Cola ist verpönt, Pommes frites sind verboten

Der hiesige Körperkult spielt ihr tatsächlich reichlich Kundschaft zu, und nur einen Steinwurf weiter, im Restaurant des Hauses, unterstützt man sie bei ihrer harten Arbeit. Hier wird ambitioniert mit biologischen Zutaten gekocht, Softdrinks wie Cola sind verpönt und Pommes frites als Beilage verboten. Im wohlhabenden Aventura-Viertel von Miami liegt schließlich das Turnberry Isle Resort hinter dicken Mauern. Diese umfrieden eine gigantische Golfanlage - eher selten ein Hort für ökologische Begrünungsmethoden -, die in weiter Ferne an Hochhäuser grenzen.

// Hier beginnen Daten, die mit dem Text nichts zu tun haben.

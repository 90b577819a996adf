-- ===== src/Validate/Safety.antt =====
-- About undefined behaviour in `is_job_invalid` of lib/include/mb_mgr_code.h, and what it reports.
use intel_ipsec_mb.Base.{ℕ, ◌≡◌, ◌≢◌, ◌⊎◌, true, false, refl, subst, inl, inr, arith}
use intel_ipsec_mb.Job.{Job, CipherMode, HashAlg}
use intel_ipsec_mb.Errno.{Status, get_errno, set_errno}
use intel_ipsec_mb.Validate.{check_cipher, check_hash, check_job, is_job_invalid}
use intel_ipsec_mb.Validate.Outcome.{Check, ok, rejected, fault, ◌>>◌}
use intel_ipsec_mb.Validate.Cases.{
  IsJobError, IsSafe, cbc-IsSafe, ccm-IsSafe, chacha20-IsSafe, chacha20_poly1305-IsSafe,
  cntr-IsSafe, custom-IsSafe, des-IsSafe, des3-IsSafe, docsis-IsSafe, docsis_des-IsSafe, ecb-IsSafe,
  gcm-IsSafe, kasumi_uea1-IsSafe, pon-IsSafe, snow3g_uea2-IsSafe, zuc_eea3-IsSafe,
}
use intel_ipsec_mb.Validate.Cases.{
  aes_xcbc-IsSafe, ccm_tag-IsSafe, chacha20_poly1305_tag-IsSafe, cmac-IsSafe, custom_hash-IsSafe,
  docsis_crc32-IsSafe, gcm_tag-IsSafe, gmac-IsSafe, hmac_sha_1-IsSafe, hmac_sha_224-IsSafe,
  hmac_sha_256-IsSafe, hmac_sha_384-IsSafe, hmac_sha_512-IsSafe, kasumi_uia1-IsSafe, md5-IsSafe,
  poly1305-IsSafe, pon_crc_bip-IsSafe, sha_1-IsSafe, sha_224-IsSafe, sha_256-IsSafe, sha_384-IsSafe,
  sha_512-IsSafe, snow3g_uia2-IsSafe, zuc_eia3-IsSafe,
}

check_cipher-IsSafe :
    (load : ℕ → ℕ) (mode : CipherMode) (job : Job) → IsSafe (check_cipher load mode job)
unfolding check_cipher
check_cipher-IsSafe load CipherMode.cbc job = cbc-IsSafe false job
check_cipher-IsSafe load CipherMode.cbcs_1_9 job = cbc-IsSafe true job
check_cipher-IsSafe load CipherMode.ecb job = ecb-IsSafe job
check_cipher-IsSafe load CipherMode.cntr job = cntr-IsSafe job
check_cipher-IsSafe load CipherMode.cntr_bitlen job = cntr-IsSafe job
check_cipher-IsSafe load CipherMode.docsis_sec_bpi job = docsis-IsSafe job
check_cipher-IsSafe load CipherMode.gcm job = gcm-IsSafe job
check_cipher-IsSafe load CipherMode.custom job = custom-IsSafe job
check_cipher-IsSafe load CipherMode.des job = des-IsSafe job
check_cipher-IsSafe load CipherMode.docsis_des job = docsis_des-IsSafe job
check_cipher-IsSafe load CipherMode.ccm job = ccm-IsSafe job
check_cipher-IsSafe load CipherMode.des3 job = des3-IsSafe load job
check_cipher-IsSafe load CipherMode.pon_aes_cntr job = pon-IsSafe job
check_cipher-IsSafe load CipherMode.zuc_eea3 job = zuc_eea3-IsSafe job
check_cipher-IsSafe load CipherMode.snow3g_uea2_bitlen job = snow3g_uea2-IsSafe job
check_cipher-IsSafe load CipherMode.kasumi_uea1_bitlen job = kasumi_uea1-IsSafe job
check_cipher-IsSafe load CipherMode.chacha20 job = chacha20-IsSafe job
check_cipher-IsSafe load CipherMode.chacha20_poly1305 job = chacha20_poly1305-IsSafe job
check_cipher-IsSafe load CipherMode.null_cipher job = tt
check_cipher-IsSafe load (CipherMode.unnamed_mode n) job = ground arith

check_hash-IsSafe : (alg : HashAlg) (job : Job) → job.hash_alg ≡ alg → IsSafe (check_hash alg job)
unfolding check_hash
check_hash-IsSafe HashAlg.hmac_sha_1 job e = hmac_sha_1-IsSafe job e
check_hash-IsSafe HashAlg.hmac_sha_224 job e = hmac_sha_224-IsSafe job e
check_hash-IsSafe HashAlg.hmac_sha_256 job e = hmac_sha_256-IsSafe job e
check_hash-IsSafe HashAlg.hmac_sha_384 job e = hmac_sha_384-IsSafe job e
check_hash-IsSafe HashAlg.hmac_sha_512 job e = hmac_sha_512-IsSafe job e
check_hash-IsSafe HashAlg.md5 job e = md5-IsSafe job e
check_hash-IsSafe HashAlg.sha_1 job e = sha_1-IsSafe job e
check_hash-IsSafe HashAlg.sha_224 job e = sha_224-IsSafe job e
check_hash-IsSafe HashAlg.sha_256 job e = sha_256-IsSafe job e
check_hash-IsSafe HashAlg.sha_384 job e = sha_384-IsSafe job e
check_hash-IsSafe HashAlg.sha_512 job e = sha_512-IsSafe job e
check_hash-IsSafe HashAlg.aes_xcbc job e = aes_xcbc-IsSafe job e
check_hash-IsSafe HashAlg.pon_crc_bip job e = pon_crc_bip-IsSafe job e
check_hash-IsSafe HashAlg.docsis_crc32 job e = docsis_crc32-IsSafe job e
check_hash-IsSafe HashAlg.aes_gmac job e = gcm_tag-IsSafe job
check_hash-IsSafe HashAlg.custom_hash job e = custom_hash-IsSafe job
check_hash-IsSafe HashAlg.aes_ccm job e = ccm_tag-IsSafe job
check_hash-IsSafe HashAlg.aes_cmac job e = cmac-IsSafe job
check_hash-IsSafe HashAlg.aes_cmac_bitlen job e = cmac-IsSafe job
check_hash-IsSafe HashAlg.aes_cmac_256 job e = cmac-IsSafe job
check_hash-IsSafe HashAlg.zuc_eia3_bitlen job e = zuc_eia3-IsSafe job
check_hash-IsSafe HashAlg.snow3g_uia2_bitlen job e = snow3g_uia2-IsSafe job
check_hash-IsSafe HashAlg.kasumi_uia1 job e = kasumi_uia1-IsSafe job
check_hash-IsSafe HashAlg.aes_gmac_128 job e = gmac-IsSafe job
check_hash-IsSafe HashAlg.aes_gmac_192 job e = gmac-IsSafe job
check_hash-IsSafe HashAlg.aes_gmac_256 job e = gmac-IsSafe job
check_hash-IsSafe HashAlg.poly1305 job e = poly1305-IsSafe job
check_hash-IsSafe HashAlg.auth_chacha20_poly1305 job e = chacha20_poly1305_tag-IsSafe job
check_hash-IsSafe HashAlg.null_hash job e = tt
check_hash-IsSafe (HashAlg.unnamed_hash n) job e = ground arith

>>-IsSafe : (m k : Check) → IsSafe m → IsSafe k → IsSafe (m >> k)
>>-IsSafe (ok a) k p q = q
>>-IsSafe (rejected e) k p q = p
>>-IsSafe fault k p q = elim p [ ]

check_job-IsSafe : (load : ℕ → ℕ) (job : Job) → IsSafe (check_job load job)
unfolding check_job
check_job-IsSafe load job =
    >>-IsSafe (check_cipher load job.cipher_mode job) (check_hash job.hash_alg job)
      (check_cipher-IsSafe load job.cipher_mode job) (check_hash-IsSafe job.hash_alg job refl)

-- For every job the checks neither read a table out of its bounds nor through a null pointer.
pub check_job-ne-fault : (load : ℕ → ℕ) (job : Job) → check_job load job ≢ fault
check_job-ne-fault load job e = subst IsSafe e (check_job-IsSafe load job)

rejected-eq : (c : Check) → IsSafe c → (c ≡ ok tt) ⊎ ((e : ℕ) × (c ≡ rejected e) × IsJobError e)
rejected-eq (ok a) p = inl refl
rejected-eq (rejected e) p = inr (e, refl, p)
rejected-eq fault p = elim p [ ]

-- Where `is_job_invalid` returns 1, the error number that can then be asked for, in the manager or globally,
-- is one of the library's job errors, EFAULT or EINVAL.
pub is_job_invalid-errno :
    (load : ℕ → ℕ) (status : Status) (job : Job)
    → (is_job_invalid load status job).1 ≡ true
    → let status' = (is_job_invalid load status job).0 in
      IsJobError (get_errno status') × (get_errno status' ≡ status'.global_errno)
unfolding is_job_invalid set_errno get_errno
is_job_invalid-errno load status job h =
    ground (arith, rejected-eq (check_job load job) (check_job-IsSafe load job))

Während der jüngst mit rund 80 Millionen Euro aufgehübschte Hotelbau einen Hauch Riviera-Stil verbreiten soll, kommen der künstliche See samt Insel, die Pools, Palmen und raspelkurzen Rasenflächen doch recht amerikanisch daher. Auf dem Grünstreifen neben der Hotelauffahrt machen Touristinnen ihre Yogaübungen. Gern führt der jamaikanische Chefkoch nachmittags Golfspieler oder Yogaschüler in seinen Garten. Guaven, Limetten, Mangos, Früchte und Kräuter - da wächst alles, was er für einen karibischen Cocktail braucht. Selbstverständlich biologisch angebaut, direkt neben dem Kunstrasen: "Anything goes" lautet hier wohl die Devise. (Franziska Horn, Rondo, DER STANDARD, 12.12.2014)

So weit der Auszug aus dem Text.